At Last: My Much-Needed Overhaul For Scoring Cooking Contests
I get invited to judge food contests a lot. I have even done a couple of Burger Bashes (although for some reason I can't grasp I don't get invited back anymore.) But I've done lesser versions of the same event, and even competed in a few of them. Like competition barbecue, they are a noble idea undone by their judging system. I want to reform all cooking contests everywhere, and give you a good template for your own contest. And that's what I've done.
Most cooking contests use some variation of the following system: 2-9 points for taste, 2-9 points for tenderness, 2-9 points for originality, and 2-9 points for appearance. Can you believe how dumb this is? I'm going to bracket out the idiocy of separating taste from texture, since texture influences how you taste food in more ways than you can ever know. But, even setting that aside, taste is obviously far and away the most important thing you can look at when considering food. It is the work of a mindless moment to think of three or four categories and set them aside each other on the same scale. But these contests have been going on for years! And appearance scores continue to weigh equally with taste.
As for originality, don't even get me started. Originality is a completely neutral value when it comes to food, and the reason is obvious: people have been eating for a long time. Therefore most of the good things to eat have already been invented. Which means that most of the new things are bad. (In biology, this fact accounts for why so few mutations are passed along to future generations.) Moreover, the effect of novelty is so strong on the human mind that a truly original dish will generally seem a lot better than it is.
So when given the opportunity to create a new burger contest for Baldor Foods, I jumped at the chance. My criteria are as follows:
Enjoyability (1-10 points): How good is it, strictly in terms of flavor / texture / temperature? Because all three of these things are important, and it's asking too much of a person eating a dozen hamburgers to separate out sensations no human being would ordinarily be conscious of.
Edibility (1-5 points): How well-constructed is it? Does it fall apart? Are all the elements present in each bite? Is it a huge nasty mess, or a clean, compact, well-thought out dish?
I feel that this is the single most overlooked part of sandwich cooking, and cooks need to be penalized / rewarded for it far more than they currently are. Typically, a judge will take one bite of a burger, and will do the cook the favor of arranging the elements into that bite. Forget that! A big unwieldy mess that falls apart the second you look at it is a discrace and deserves to be a contest-killer.
Integrity (1-5 points): Is this burger good because it's a really well-made burger, or because it has other elements (foie gras, pastrami, etc.) that you like? A burger that was just beef on bread would get a 5; a huge dagwood that has a shrimp patty at its center would be a 1.
Again, this is something I don't think is looked at enough. The spirit of these events should be ignored at their own peril. In competition barbecue, the cooks frequently make ribs or chicken that are closer to pudding or stew than barbecue, but that's what the degenerates recruited to judge these events like. This category would put an end to this perversion of cookery.

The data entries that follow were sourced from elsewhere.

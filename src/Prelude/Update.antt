-- ===== src/Prelude/Update.antt =====
-- Arrays as functions: one entry changed, and sums over the first entries.
use Prim.Native.Nat.{ℕ, zero, suc, ◌+◌, ◌*◌, ◌≤◌, ◌<◌}
use mathlib.Core.Path.{◌≡◌, refl, ap, sym, subst}
use mathlib.Core.Logic.{◌≢◌, inl, inr}
use native.Mathlib.Omega.{arith}
use native.Mathlib.Decide.{ℕ_discrete}
use networking_howto.Prelude.Tests.{◌==◌, if◌then◌else◌, Bool-cases, ==_iff}

abbrev pub update : {A : Type 0} → (ℕ → A) → ℕ → A → ℕ → A
update f t a u = if u == t then a else f u

pub update_self : {A : Type 0} (f : ℕ → A) (t : ℕ) (a : A) → update f t a t ≡ a
update_self f t a = let e = (==_iff t t).1 refl in rw e refl

pub update_ne : {A : Type 0} (f : ℕ → A) (t : ℕ) (a : A) (u : ℕ) → u ≢ t → update f t a u ≡ f u
update_ne f t a u ne = elim (Bool-cases (u == t)) [
  | inl e ↦ absurd (ne ((==_iff u t).0 e))
  | inr e ↦ rw e refl
]

-- A fact about every entry, after entry `t` has been set to `a`.
pub each :
    {A : Type 0} (P : ℕ → A → Type 0) (f : ℕ → A) (t : ℕ) (a : A)
    → P t a
    → ((u : ℕ) → u ≢ t → P u (f u))
    → (u : ℕ) → P u (update f t a u)
each P f t a here there u = elim (ℕ_discrete u t) [
  | yes e ↦ subst (λ v. P v (update f t a v)) (sym e) (subst (P t) (sym (update_self f t a)) here)
  | no ne ↦ subst (P u) (sym (update_ne f t a u ne)) (there u ne)
]

abbrev pub total : ℕ → (ℕ → ℕ) → ℕ
total zero f = 0
total (suc n) f = total n f + f n

pub total_same : (n : ℕ) (f g : ℕ → ℕ) → ((u : ℕ) → u < n → f u ≡ g u) → total n f ≡ total n g
total_same zero f g same = refl
total_same (suc n) f g same =
    let before = total_same n f g (λ u l. same u (omega (arith, l))) in
    let last = same n (omega arith) in omega (arith, before, last)

-- If only thread `t` changes its summand, the sum changes by as much.
pub total_change :
    (n t : ℕ) (f g : ℕ → ℕ)
    → t < n
    → ((u : ℕ) → u ≢ t → f u ≡ g u)
    → total n f + g t ≡ total n g + f t
total_change zero t f g small same = absurd (omega arith)
total_change (suc n) t f g small same = elim (ℕ_discrete n t) [
  | yes e ↦
      let before = total_same n f g (λ u l. same u (λ e'. omega (arith, e, e', l))) in
      let in_f = ap f e in let in_g = ap g e in omega (arith, before, in_f, in_g)
  | no ne ↦
      let before = total_change n t f g (omega (arith, ne)) same in
      let last = same n ne in omega (arith, before, last)
]

pub total-bound : (n : ℕ) (f : ℕ → ℕ) → ((u : ℕ) → f u ≤ 1) → total n f ≤ n
total-bound zero f most = omega arith
total-bound (suc n) f most =
    let before = total-bound n f most in let last = most n in omega (arith, before, last)

pub total-all : (n k : ℕ) (f : ℕ → ℕ) → ((u : ℕ) → u < n → f u ≡ k) → total n f ≡ n * k
total-all zero k f all = omega arith
total-all (suc n) k f all =
    let before = total-all n k f (λ u l. all u (omega (arith, l))) in
    let last = all n (omega arith) in
    let product : suc n * k ≡ n * k + k = grind arith in omega (arith, before, last, product)

pub total-part : (n i : ℕ) (f : ℕ → ℕ) → i < n → f i ≤ total n f
total-part zero i f small = absurd (omega arith)
total-part (suc n) i f small = elim (ℕ_discrete n i) [
  | yes e ↦ let last = ap f e in omega (arith, last)
  | no ne ↦ let before = total-part n i f (omega (arith, ne)) in omega (arith, before)
]

-- A bound on each of the first `n` summands.
pub total-most : (n k : ℕ) (f : ℕ → ℕ) → ((u : ℕ) → u < n → f u ≤ k) → total n f ≤ n * k
total-most zero k f most = omega arith
total-most (suc n) k f most =
    let before = total-most n k f (λ u l. most u (omega (arith, l))) in
    let last = most n (omega arith) in
    let product : suc n * k ≡ n * k + k = grind arith in omega (arith, before, last, product)

-- The bound is not met if one summand lies below it.
pub total-lt :
    (n k t : ℕ) (f : ℕ → ℕ) → ((u : ℕ) → u < n → f u ≤ k) → t < n → f t < k → total n f < n * k
total-lt n k t f most l less =
    let more = update f t (f t + 1) in
    let bound = total-most n k more (λ u l'.
      each (λ v a. v < n → a ≤ k) f t (f t + 1) (λ l''. omega (arith, less)) (λ v ne. most v) u
        l') in
    let change = total_change n t f more l (λ u ne. sym (update_ne f t (f t + 1) u ne)) in
    let here = update_self f t (f t + 1) in omega (arith, bound, change, here)
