-- ===== src/Atomics.antt =====
-- 02_nonblocking_sync/atomics.c: threads that count by an atomic increment.
pub mod Counter
mod Tests
use networking_howto.Prelude.{update, ℕ, ◌+◌, List, [], ◌∷◌, if◌then◌else◌, ltb, u32, u64}

-- The shared `var`, and the loop variable `i` of each thread.
pub record Counting : Type 0 where
  pub var : ℕ
  pub i : ℕ → ℕ

-- A round of the `thread_func` of thread `t`: one atomic access.
unfoldable pub count_once : (num_iterations t : ℕ) → Counting → Counting
count_once num_iterations t s =
    if ltb (s.i t) num_iterations
    then record { var = u32 (s.var + 1); i = update s.i t (u64 (s.i t + 1)) }
    else s

-- The threads take turns in any order.
unfoldable pub count_all : (num_iterations : ℕ) → List ℕ → Counting → Counting
count_all num_iterations [] s = s
count_all num_iterations (t ∷ ts) s = count_all num_iterations ts (count_once num_iterations t s)

abbrev pub zeroed : Counting
zeroed = record { var = 0; i = λ t. 0 }
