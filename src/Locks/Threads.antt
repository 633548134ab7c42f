-- ===== src/Locks/Threads.antt =====
-- The threads of spinlock.c, tas-lock.c, ttas-lock.c and ticket-lock.c, which run the same
-- `thread_func` over the lock of their program, interleaved one shared access at a time.
use networking_howto.Prelude.{
  update, ℕ, ◌+◌, Option, none, some, List, [], ◌∷◌, if◌then◌else◌, ltb, u32, u64,
}

-- A lock as its program uses it. `Wait` are the locals of the function that acquires it: `begin` is
-- what that function does before its loop, `attempt` a shared access of the loop with what follows
-- it, and `none` there is the return from the function.
pub record SpinLock : Type 1 where
  pub State : Type 0
  pub Wait : Type 0
  pub init : State
  pub begin : State → State × Wait
  pub attempt : Wait → State → State × Option Wait
  pub release : State → State

-- In the critical section: about to load `var`, to store its value plus one, or to release the lock.
pub data Section : Type 0 where
  loading : Section
  storing : (value : ℕ) → Section
  releasing : Section

-- Where a thread stands: at the test of the for loop or past it, acquiring the lock, or holding it.
pub data Pc (W : Type 0) : Type 0 where
  outside : Pc W
  waiting : W → Pc W
  inside : Section → Pc W

module _ (lock : SpinLock) where
  open lock use {State, Wait, init, begin, attempt, release}

  -- The shared `var`, and the program counter and the loop variable `i` of each thread.
  pub record System : Type 0 where
    pub shared : State
    pub var : ℕ
    pub pc : ℕ → Pc Wait
    pub i : ℕ → ℕ

  abbrev pub go : System → ℕ → Pc Wait → System
  go s t p = record s { pc = update s.pc t p }

  abbrev pub after_attempt : Option Wait → Pc Wait
  after_attempt none = inside loading
  after_attempt (some w) = waiting w

  -- One step of the `thread_func` of thread `t`.
  unfoldable pub thread_at : (num_iterations t : ℕ) → System → Pc Wait → System
  thread_at num_iterations t s outside =
      if ltb (s.i t) num_iterations
      then (let (shared, w) = begin s.shared in go (record s { shared = shared }) t (waiting w))
      else s
  thread_at num_iterations t s (waiting w) =
      let (shared, again) = attempt w s.shared in
      go (record s { shared = shared }) t (after_attempt again)
  thread_at num_iterations t s (inside loading) = go s t (inside (storing s.var))
  thread_at num_iterations t s (inside (storing value)) =
      go (record s { var = u32 (value + 1) }) t (inside releasing)
  thread_at num_iterations t s (inside releasing) =
      go (record s { shared = release s.shared; i = update s.i t (u64 (s.i t + 1)) }) t outside

  -- The threads take turns in any order.
  unfoldable pub run : (num_iterations : ℕ) → List ℕ → System → System
  unfolding thread_at
  run num_iterations [] s = s
  run num_iterations (t ∷ ts) s = run num_iterations ts (thread_at num_iterations t s (s.pc t))

  abbrev pub start : System
  start = record { shared = init; var = 0; pc = λ t. outside; i = λ t. 0 }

Highest score is the winner; and judges are allowed to choose their favorite in event of a tie.
I'll be judging the Baldor Burger Battle of the Club Chefs (don't ask), but these criteria will fit any contest, from the White Castle Cook-Off to the Bocuse d'Or. If you see some kind of chili faceoff in your future - and you should, because they are super fun - I would urge you to give my system a try. I'm going to take a run at convincing the Burger Bash, but I doubt they will heed my advice. I'm a radical, a revoutionary, a rebel. But you have to give me points for originality.